(Collected data)
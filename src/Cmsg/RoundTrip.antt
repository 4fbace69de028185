-- ===== src/Cmsg/RoundTrip.antt =====
-- sys/socket.py: the control messages are read back as they were written.
use mathlib.Core.List.{append-nil}
use rsyscall.Base.{
  ℕ, zero, suc, ◌+◌, ◌≤◌, ◌≡◌, refl, sym, ap, ◌∙◌, false, map, List, [], ◌∷◌, ◌++◌, some, arith,
  drop, length, length-append, take-length, drop-length, take-all,
}
use rsyscall.Struct.{Bytes, returned, raised, list_to_bytes}
use rsyscall.Struct.Whole.{list_from_bytes-list_to_bytes}
use rsyscall.Handle.Fd.{Fds}
use rsyscall.Handle.Fd.Tracking.{track}
use rsyscall.Cmsg.Handles.{
  Unknown, EntriesDenote, flat, handles_from, entries_from, made, made-append, next-made,
  manipulating-made, make_fd_handle-track, make_fd_handle-known, track-Unknown, Unknown-left,
  Unknown-made, EntriesDenote-entries_from,
}
use rsyscall.Cmsg.{
  add_entry, make_handles, make_unpacked, Bindings, rights_to_bytes, rights_from_bytes,
  cmsg_from_bytes, cmsgs_to_bytes, cmsgs_from_bytes,
}
use rsyscall.Cmsg.Written.{
  IsBindings, ==_refl, AllFit, next_fits, length-rights_to_bytes, LengthFits, message_len,
  message_level, message_type, payload_lem,
}

module _ {ℓ} {Fd : Type ℓ} (c : Bindings Fd) (w : IsBindings c) where
  -- The numbers of the file descriptors, message by message.
  abbrev pub numbers : List (List Fd) → List (List ℕ)
  numbers [] = []
  numbers (fds ∷ l) = map c.number fds ∷ numbers l

  make_handles-made :
      (k : ℕ) (fds : List Fd) (s : Fds)
      → s.manipulating_fd_table k ≡ false
      → Unknown s k (map c.number fds)
      → make_handles c k fds s
        ≡ (some (handles_from s.next (map c.number fds)), made k (map c.number fds) s)
  unfolding make_handles
  make_handles-made k [] s m u = refl
  make_handles-made k (fd ∷ fds) s m u =
      let e = u.0 in
      let rest = track-Unknown k (c.number fd) (map c.number fds) s u.1 u.2 in
      rw
        (
          make_fd_handle-track k (c.number fd) s m e,
          make_handles-made k fds (track k (c.number fd) s) m rest,
        )
        refl

  rights_from_bytes-rights_to_bytes :
      (k : ℕ) (fds : List Fd) (s : Fds)
      → LengthFits c w fds
      → rights_from_bytes c k (rights_to_bytes c fds) s ≡ make_handles c k fds s
  unfolding rights_from_bytes make_unpacked
  rights_from_bytes-rights_to_bytes k fds s h =
      let e = sym (append-nil (rights_to_bytes c fds)) in
      rw
        (
          ap c.cmsg_level e ∙ message_level c w fds [] h,
          ap c.cmsg_type e ∙ message_type c w fds [] h,
          ap c.cmsg_len e ∙ message_len c w fds [] h,
          ==_refl c.sol_socket,
          ==_refl c.scm_rights,
          take-all (length (rights_to_bytes c fds)) (rights_to_bytes c fds) (omega arith),
          payload_lem c w fds h,
          list_from_bytes-list_to_bytes c.int_struct w.int_serializer fds,
        )
        refl

  cmsg_from_bytes-rights_to_bytes :
      (k : ℕ) (fds : List Fd) (rest : Bytes) (s : Fds)
      → LengthFits c w fds
      → cmsg_from_bytes c k (rights_to_bytes c fds ++ rest) s ≡ make_handles c k fds s
  unfolding cmsg_from_bytes
  cmsg_from_bytes-rights_to_bytes k fds rest s h =
      rw
        (
          message_level c w fds rest h,
          message_type c w fds rest h,
          message_len c w fds rest h,
          take-length (rights_to_bytes c fds) rest,
          ==_refl c.sol_socket,
          ==_refl c.scm_rights,
        )
        (rights_from_bytes-rights_to_bytes k fds s h)

  turn :
      (k fuel : ℕ) (bytes : Bytes) (s : Fds)
      → 1 ≤ length bytes
      → cmsgs_from_bytes c k (suc fuel) bytes s
        ≡ add_entry
            (cmsg_from_bytes c k bytes s)
            (cmsgs_from_bytes c k fuel (drop (c.cmsg_len bytes) bytes))
  unfolding cmsgs_from_bytes
  turn k fuel [] s le = elim le [ ]
  turn k fuel (b ∷ bytes) s le = refl

  cmsgs_from_bytes-made :
      (k : ℕ) (l : List (List Fd)) (fuel : ℕ) (s : Fds)
      → AllFit c w l
      → length (cmsgs_to_bytes c l) ≤ fuel
      → s.manipulating_fd_table k ≡ false
      → Unknown s k (flat (numbers l))
      → cmsgs_from_bytes c k fuel (cmsgs_to_bytes c l) s
        ≡ (returned (entries_from s.next (numbers l)), made k (flat (numbers l)) s)
  unfolding cmsgs_to_bytes cmsgs_from_bytes
  cmsgs_from_bytes-made k [] fuel s a le m u = refl
  cmsgs_from_bytes-made k (fds ∷ l) zero s (next_fits h a) le m u = absurd (
      omega (
        arith,
        le,
        length-append (rights_to_bytes c fds) (cmsgs_to_bytes c l),
        length-rights_to_bytes c w fds h,
        w.nonempty,
      ))
  cmsgs_from_bytes-made k (fds ∷ l) (suc fuel) s (next_fits h a) le m u =
      let rest = cmsgs_to_bytes c l in
      let len : length (rights_to_bytes c fds ++ rest)
          ≡ c.header_size + length (list_to_bytes c.int_struct fds) + length rest =
        omega
          (arith, length-append (rights_to_bytes c fds) rest, length-rights_to_bytes c w fds h) in
      let x = map c.number fds in
      let y = flat (numbers l) in
      let s' : Fds = made k x s in
      turn k fuel (rights_to_bytes c fds ++ rest) s (omega (arith, len, w.nonempty))
      ∙ rw
          (
            cmsg_from_bytes-rights_to_bytes k fds rest s h,
            make_handles-made k fds s m (Unknown-left k x y s u),
            message_len c w fds rest h,
            drop-length (rights_to_bytes c fds) rest,
            cmsgs_from_bytes-made k l fuel s' a (omega (arith, le, len, w.nonempty))
                (ap (λ f. f k) (manipulating-made k x s) ∙ m) (Unknown-made k x y s u),
          )
          (rw (next-made k x s) (
            ap
              (λ t. (
                returned (handles_from s.next x ∷ entries_from (s.next + length x) (numbers l)),
                t,
              ))
              (sym (made-append k x y s))))

  -- A list of control messages is read back as it was written, in a number of turns up to the number
  -- of its bytes, if the length of each message fits into its header, the bindings read back what they
  -- write, and the receiving task does not know any of the file descriptors, which differ, and is not
  -- manipulating its table: each message becomes the list of new, valid handles of that task that
  -- denote its file descriptors in order.
  pub cmsgs_from_bytes-cmsgs_to_bytes :
      (k : ℕ) (l : List (List Fd)) (fuel : ℕ) (s : Fds)
      → AllFit c w l
      → length (cmsgs_to_bytes c l) ≤ fuel
      → s.manipulating_fd_table k ≡ false
      → Unknown s k (flat (numbers l))
      → (handles : List (List ℕ)) × (after : Fds) × (cmsgs_from_bytes c k fuel
            (cmsgs_to_bytes c l)
            s
          ≡ (returned handles, after))
        × EntriesDenote after k handles (numbers l)
  cmsgs_from_bytes-cmsgs_to_bytes k l fuel s a le m u = (
    entries_from s.next (numbers l),
    made k (flat (numbers l)) s,
    cmsgs_from_bytes-made k l fuel s a le m u,
    EntriesDenote-entries_from k (numbers l) s,
  )

  -- If the receiving task knows the first file descriptor of the first message, as it does when it
  -- reads what was just written from its own handles, the reading raises and makes no handle.
  pub cmsgs_from_bytes-known :
      (k : ℕ) (fd : Fd) (fds : List Fd) (l : List (List Fd)) (fuel : ℕ) (s : Fds) (known : List ℕ)
      → LengthFits c w (fd ∷ fds)
      → s.near_to_handles (s.fd_table k) (c.number fd) ≡ some known
      → cmsgs_from_bytes c k (suc fuel) (cmsgs_to_bytes c ((fd ∷ fds) ∷ l)) s ≡ (raised, s)
  unfolding cmsgs_to_bytes make_handles
  cmsgs_from_bytes-known k fd fds l fuel s known h e =
      let rest = cmsgs_to_bytes c l in
      let len : 1 ≤ length (rights_to_bytes c (fd ∷ fds) ++ rest) = omega (
        arith,
        length-append (rights_to_bytes c (fd ∷ fds)) rest,
        length-rights_to_bytes c w (fd ∷ fds) h,
        w.nonempty,
      ) in
      turn k fuel (rights_to_bytes c (fd ∷ fds) ++ rest) s len
      ∙ rw
          (
            cmsg_from_bytes-rights_to_bytes k (fd ∷ fds) rest s h,
            make_fd_handle-known k (c.number fd) known s e,
          )
          refl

◆ **What to produce**: The expected result is every line above containing the string "unfolding".

◆ **Problem solution**:
  unfolding make_handles
  unfolding rights_from_bytes make_unpacked
  unfolding cmsg_from_bytes
  unfolding cmsgs_from_bytes
  unfolding cmsgs_to_bytes cmsgs_from_bytes
  unfolding cmsgs_to_bytes make_handles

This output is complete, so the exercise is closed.